What the task asks: Look for the string "World" in the listing. Copy each line that has it.

Extracted entries:
-- ===== src/Shard.antt =====
-- src/shard.rs: `Shard`, the pages of one thread. The arguments `others` are what the other threads
-- do to the slot that the call works on; in `init_with`, to the slot on each page.
pub mod Array
pub mod Highest
pub mod Located
pub mod Full
pub mod Room
pub mod First
pub mod Threads
pub mod Spinning
pub mod Refused
pub mod Guards
use sharded_slab.Base.{
  ℕ, zero, suc, ◌+◌, Bool, true, false, List, [], ◌∷◌, map, Option, none, some, leb, ◌==◌,
  if◌then◌else◌, length, get_elem?, set,
}
use sharded_slab.Config.{Config}
use sharded_slab.Key.{unpack_gen, indices, new_sizes}
use sharded_slab.Slot.Memory.{Slot, World, Outcome, returns, panics, ◌>>=◌}
use sharded_slab.Slot.Ops.{Clear}
use sharded_slab.Stack.{TransferStack, local_list, remote_list}
use sharded_slab.Page.{Shared, new_shared, new_local, with_slot, init_with}
use sharded_slab.Page.Ops.{take, remove, mark_clear, clear}

pub record Shard (T : Type 0) : Type 0 where
  pub tid : ℕ
  pub local : List ℕ
  pub shared : List (Shared T)

module _ {T : Type 0} (c : Config) where
  -- `Shard::new`
  unfoldable pub new_shard : ℕ → Shard T
  new_shard tid =
      let sizes = new_sizes c c.max_pages 0 0 in
      record {
        tid = tid;
        local = map (λ page. new_local) sizes;
        shared = map (λ page. new_shared c page.size page.prev_sz) sizes;
      }

  -- `Shard::with_slot`
  unfoldable pub with_shard_slot :
      {U : Type 0}
      → ℕ
      → (World T → Outcome (Option U × World T))
      → List (Slot T → Slot T)
      → Shard T
      → Outcome (Option U × Shard T)
  with_shard_slot idx f others shard =
      let (addr, page_index) = indices c idx in
      elim (get_elem? shard.shared page_index) [
        | none ↦ returns (none, shard)
        | some page ↦ do
          (result, page') ← with_slot c addr f others page
          returns (result, record shard { shared = set shard.shared page_index page' })
      ]

  -- What the functions that remove or clear share: the call on the page of the key, with the page's
  -- local free list. `self.local(page_index)` panics out of range.
  unfoldable pub on_local :
      {A : Type 0}
      → A
      → (ℕ → ℕ → ℕ → Shared T → Outcome (A × ℕ × Shared T))
      → ℕ
      → Shard T
      → Outcome (A × Shard T)
  on_local missing op idx shard =
      let (addr, page_index) = indices c idx in
      elim (get_elem? shard.shared page_index) [
        | none ↦ returns (missing, shard)
        | some page ↦ elim (get_elem? shard.local page_index) [
          | none ↦ panics
          | some local ↦ do
            (result, local', page') ← op addr (unpack_gen c idx) local page
            returns (
              result,
              record shard {
                local = set shard.local page_index local';
                shared = set shard.shared page_index page';
              },
            )
        ]
      ]

  -- The same with the page's remote free list.
  unfoldable pub on_remote :
      {A : Type 0}
      → A
      → (ℕ → ℕ → TransferStack → Shared T → Outcome (A × TransferStack × Shared T))
      → ℕ
      → Shard T
      → Outcome (A × Shard T)
  on_remote missing op idx shard =
      let (addr, page_index) = indices c idx in
      elim (get_elem? shard.shared page_index) [
        | none ↦ returns (missing, shard)
        | some page ↦ do
          (result, remote', page') ← op addr (unpack_gen c idx) page.remote page
          returns (
            result,
            record shard {
              shared = set shard.shared page_index (record page' { remote = remote' });
            },
          )
      ]

  -- The loop of `Shard::init_with` over the pages from the one at `page_idx`.
  unfoldable pub init_pages :
      {U : Type 0}
      → Clear T
      → (ℕ → World T → Outcome (Option U × World T))
      → (ℕ → List (Slot T → Slot T))
      → ℕ
      → List ℕ
      → List (Shared T)
      → Outcome (Option U × List ℕ × List (Shared T))
  init_pages cl init others page_idx locals [] = returns (none, locals, [])
  init_pages cl init others page_idx [] (page ∷ pages) = panics
  init_pages cl init others page_idx (local ∷ locals) (page ∷ pages) = do
    (result, local', page') ← init_with c cl init (others page_idx) local page
    elim result [
      | some u ↦ returns (some u, local' ∷ locals, page' ∷ pages)
      | none ↦ do
        (result', locals', pages') ← init_pages cl init others (page_idx + 1) locals pages
        returns (result', local' ∷ locals', page' ∷ pages')
    ]

  -- `Shard::init_with`
  unfoldable pub init_shard :
      {U : Type 0}
      → Clear T
      → (ℕ → World T → Outcome (Option U × World T))
      → (ℕ → List (Slot T → Slot T))
      → Shard T
      → Outcome (Option U × Shard T)
  init_shard cl init others shard = do
    (result, local', shared') ← init_pages cl init others 0 shard.local shard.shared
    returns (result, record shard { local = local'; shared = shared' })

module _ {T : Type 0} (c : Config) (idx : ℕ) (others : List (Slot (Option T) → Slot (Option T)))
    (shard : Shard (Option T)) where
  -- `Shard::take_local`
  unfoldable pub take_local : Outcome (Option T × Shard (Option T))
  take_local = on_local c none (λ addr gen. take c local_list addr gen others) idx shard

  -- `Shard::take_remote`
  unfoldable pub take_remote : Outcome (Option T × Shard (Option T))
  take_remote = on_remote c none (λ addr gen. take c remote_list addr gen others) idx shard

  -- `Shard::remove_local`
  unfoldable pub remove_local : Outcome (Bool × Shard (Option T))
  remove_local = on_local c false (λ addr gen. remove c local_list addr gen others) idx shard

  -- `Shard::remove_remote`
  unfoldable pub remove_remote : Outcome (Bool × Shard (Option T))
  remove_remote = on_remote c false (λ addr gen. remove c remote_list addr gen others) idx shard

module _ {T : Type 0} (c : Config) (cl : Clear T) (idx : ℕ) (others : List (Slot T → Slot T))
    (shard : Shard T) where
  -- `Shard::mark_clear_local`
  unfoldable pub mark_clear_local : Outcome (Bool × Shard T)
  mark_clear_local =
      on_local c false (λ addr gen. mark_clear c local_list cl addr gen others) idx shard

  -- `Shard::mark_clear_remote`
  unfoldable pub mark_clear_remote : Outcome (Bool × Shard T)
  mark_clear_remote =
      on_remote c false (λ addr gen. mark_clear c remote_list cl addr gen others) idx shard

  -- `Shard::clear_local`
  unfoldable pub clear_local : Outcome (Bool × Shard T)
  clear_local = on_local c false (λ addr gen. clear c local_list cl addr gen others) idx shard

  -- `Shard::clear_remote`
  unfoldable pub clear_remote : Outcome (Bool × Shard T)
  clear_remote = on_remote c false (λ addr gen. clear c remote_list cl addr gen others) idx shard

  -- `Shard::clear_after_release`, called by the thread `me`.
  unfoldable pub clear_after_release : ℕ → Outcome (Shard T)
  clear_after_release me = do
    (_, shard') ← (if me == shard.tid then clear_local else clear_remote)
    returns shard'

Your solution:
use sharded_slab.Slot.Memory.{Slot, World, Outcome, returns, panics, ◌>>=◌}
      → (World T → Outcome (Option U × World T))
      → (ℕ → World T → Outcome (Option U × World T))
      → (ℕ → World T → Outcome (Option U × World T))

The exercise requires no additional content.